After Windsurf adds the feature, the user needs to place the Gemini API key inside an .env file. Windsurf respects the .gitignore file, which helps prevent sensitive information like API keys from being sent or committed accidentally.
The tutorial also introduces the .windsurfrules file. This is a special file where you can define instructions that Windsurf should follow in every request. For example, you can specify your testing framework, preferred libraries, or coding rules. This can be helpful in larger projects, although it is not always necessary for smaller workflows.
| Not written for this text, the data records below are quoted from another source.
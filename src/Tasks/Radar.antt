-- ===== src/Tasks/Radar.antt =====
-- A round of `radar_task` of Tasks/tasks.c: the ping, the wait for its echo, and the line that is printed.
use sentinel_rtos.Base.{
  inl, inr, Bool-cases, ℕ, ◌<◌, ◌≡◌, ◌≢◌, refl, ap, ◌∙◌, false, List, [], ◌==◌, if◌then◌else◌,
  arith,
}
use sentinel_rtos.Kernel.State.{
  Kernel, semaphore_queue, os_success, os_enter_critical, os_exit_critical, os_yield, max_tasks,
}
use sentinel_rtos.Kernel.Run.{Run, M, done, yielded, bind, ◌>>◌, ◌>>=◌, pure}
use sentinel_rtos.Kernel.Blocking.{parked_tcb, resume, resume_lem}
use sentinel_rtos.Kernel.Tick.{os_delay}
use sentinel_rtos.Kernel.Semaphore.Branches.{waiting_for, acquire_waits}
use sentinel_rtos.Queue.Polled.{Holds}
use sentinel_rtos.Drivers.Ultrasonic.{
  Sonar, set_word, ultrasonic_no_echo, ultrasonic_trigger, ultrasonic_read_cm, distance,
}
use sentinel_rtos.Tasks.{after_echo, radar_round, radar_period_ms}
use sentinel_rtos.Tasks.Course.{Active, sleeping, delays, sleeping-Holds}
use sentinel_rtos.Tasks.Reports.{
  Report, reported, measured, reported_heard, reported_silent, Returns, echo-Returns,
}

-- What a round does after the wait has returned `r`, and with the distance that it then has.
abbrev hears : Sonar → ℕ → M ℕ
hears sonar r = if r == os_success then distance sonar else pure ultrasonic_no_echo

abbrev after_ping : ℕ → ℕ → List ℕ → List ℕ → ℕ → ℕ → M (ℕ × List ℕ)
after_ping q uart_lock label label2 angle cm = do
  result ←
      if cm == ultrasonic_no_echo
      then pure (angle, [])
      else after_echo q uart_lock label label2 cm angle
  os_delay radar_period_ms
  pure result

abbrev after_wait : Sonar → ℕ → ℕ → List ℕ → List ℕ → ℕ → ℕ → M (ℕ × List ℕ)
after_wait sonar q uart_lock label label2 angle r =
    hears sonar r >>= after_ping q uart_lock label label2 angle

module _ (k : Kernel) (c q uart_lock : ℕ) (label label2 : List ℕ) (angle : ℕ) (sonar : Sonar) where
  -- The end of a round: it reports, and sleeps in state `j`.
  abbrev EndsWith : Run (ℕ × List ℕ) → Report → Type 0
  EndsWith run r =
      (j : Kernel) × (run ≡ yielded (sleeping j c radar_period_ms) (done (r.angle, r.printed)))
      × Holds j q r.left

  closes :
      (part : M (ℕ × List ℕ)) (r : Report)
      → Returns c q (part k) r
      → EndsWith ((do result ← part; os_delay radar_period_ms; pure result) k) r
  unfolding bind
  closes part r returned = (
    returned.after,
    rw (returned.returns, delays returned.after c radar_period_ms returned.active (omega arith))
        refl,
    returned.holds,
  )

  waited-EndsWith :
      (xs : List ℕ) (r : ℕ)
      → Active c k
      → Holds k q xs
      → (k.mutexes uart_lock).lock ≡ 0
      → (k.mutexes uart_lock).waiters.wait_count ≡ 0
      → uart_lock ≢ (k.queues q).lock
      → EndsWith
          (after_wait sonar q uart_lock label label2 angle r k)
          (reported label label2 r (measured sonar k) angle xs)
  unfolding bind distance
  waited-EndsWith xs r active h free none_waits other = elim (Bool-cases (r == os_success)) [
    | inl heard ↦
        let in_reach : (measured sonar k == ultrasonic_no_echo) ≡ false = ground arith in
        let echo = after_echo q uart_lock label label2 (measured sonar k) angle in
        let told =
          echo-Returns k c q uart_lock label label2 (measured sonar k) angle xs active h free
            none_waits other in
        rw (reported_heard label label2 r (measured sonar k) angle xs heard, heard, in_reach)
          (closes echo _ told)
    | inr timed_out ↦
        let told : Returns c q (pure (angle, []) k)
            (record { angle = angle; printed = []; left = xs }) =
          record { after = k; returns = refl; holds = h; active = active } in
        rw (reported_silent label label2 r (measured sonar k) angle xs timed_out, timed_out)
          (closes (pure (angle, [])) _ told)
  ]

-- A round of the radar in the running task `c` that finds no token makes the next edge of the echo a rising one
-- and waits in the queue of the semaphore for 60 ticks at most. Suppose that it is back in a state in which its queue
-- holds `xs`, with nobody else in there, and the lock of the serial port, which is not the queue's, is free. If its wait was
-- a success and there is a message, it prints the line of the oldest one and of the distance that the two edges show
-- by then, keeps that angle, and takes it out; otherwise it prints nothing and leaves angle and queue as they
-- were. Then it sleeps for 100 ms, which ends the round.
pub radar_round-reports :
    (sonar : Sonar) (q uart_lock c angle : ℕ) (label label2 : List ℕ) (xs : List ℕ) (k k2 : Kernel)
    → Active c k
    → (k.semaphores sonar.echo_ready).count ≡ 0
    → (k.semaphores sonar.echo_ready).waiters.wait_count < max_tasks
    → Active c k2
    → Holds k2 q xs
    → (k2.mutexes uart_lock).lock ≡ 0
    → (k2.mutexes uart_lock).waiters.wait_count ≡ 0
    → uart_lock ≢ (k2.queues q).lock
    → let told = reported label label2 (k2.os_tasks c).wait_result (measured sonar k2) angle xs in
      (k1 : Kernel) × (g : Kernel → Run (ℕ × List ℕ)) × (k3 : Kernel) × (radar_round sonar q
          uart_lock label label2 angle k
        ≡ yielded k1 g)
      × (k1.memory sonar.waiting_for_rising ≡ 1)
      × (k1.os_tasks c ≡ parked_tcb (k.os_tasks c) (semaphore_queue sonar.echo_ready) 60)
      × (g k2 ≡ yielded k3 (done (told.angle, told.printed)))
      × ((k3.os_tasks c).sleep_time ≡ 100)
      × Holds k3 q told.left
unfolding radar_round ultrasonic_read_cm ultrasonic_trigger os_enter_critical os_exit_critical bind
    os_yield
radar_round-reports sonar q uart_lock c angle label label2 xs k k2 active none_left room active2 h
      free none_waits other =
    let j = set_word k sonar.waiting_for_rising 1 in
    let waits =
      acquire_waits j sonar.echo_ready c 60 active.live active.current none_left room
        (omega arith) in
    let (last, ends, holds) =
      waited-EndsWith k2 c q uart_lock label label2 angle sonar xs (k2.os_tasks c).wait_result
        active2 h free none_waits other in
    (
      waiting_for j sonar.echo_ready c 60,
      (λ k'. bind (bind (resume k') (hears sonar)) (after_ping q uart_lock label label2 angle)),
      sleeping last c radar_period_ms,
      rw waits refl,
      ground arith,
      ground arith,
      ap (λ run. bind (bind run (hears sonar)) (after_ping q uart_lock label label2 angle))
            (resume_lem k2 c active2.current)
          ∙ ends,
      ground arith,
      sleeping-Holds last c radar_period_ms q _ holds,
    )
Using Windsurf Tab for Faster Editing
Besides Cascade, Windsurf also has autocomplete features through Windsurf Tab. This helps predict code changes while you are editing directly in a file.
In the tutorial, the user wants to click multiple AI-generated domain suggestions and add them to the search input instead of replacing the previous value. As the user starts editing the code, Windsurf predicts the next changes and allows them to press Tab to complete the logic.
This makes small edits much faster. Instead of asking the AI to rewrite an entire file, you can guide the change manually and let autocomplete speed up the repetitive parts.
Deploying from Windsurf
Another useful feature is deployment directly from the editor. At the time shown in the tutorial, Windsurf deployment works mainly for static frontends. The example uses a simple 3D game inspired by Space Invaders.
The user asks Windsurf to deploy the application. Windsurf prepares the deployment configuration and uses Netlify under the hood to publish the project. This makes it easy to share small tools, frontend demos, games, and prototypes without leaving the editor.
For full stack apps, backend deployment support is still more limited, but the feature is promising for quick projects and experiments.
Other Useful Windsurf Features
The tutorial also mentions additional features that were not explored deeply, such as generating code from images, creating memories from previous conversations, and using MCP servers.
MCP support is especially interesting for advanced users because it allows the AI agent to interact with external tools, databases, and services. This can make Windsurf more powerful when working with real-world systems.
Final Thoughts
Windsurf AI is more than a code editor with a chatbot attached. Its real strength is how deeply the AI is integrated into the coding workflow.
You can plan an app, generate files, run commands, preview the result, fix errors, improve the UI, add full stack features, use external documentation, and even deploy certain projects from the same environment.
The best way to use Windsurf is not to ask it to build an entire product in one prompt. A better workflow is to break the project into focused steps: plan the architecture, create the first version, improve the interface, fix errors, add one feature at a time, and review the changes carefully.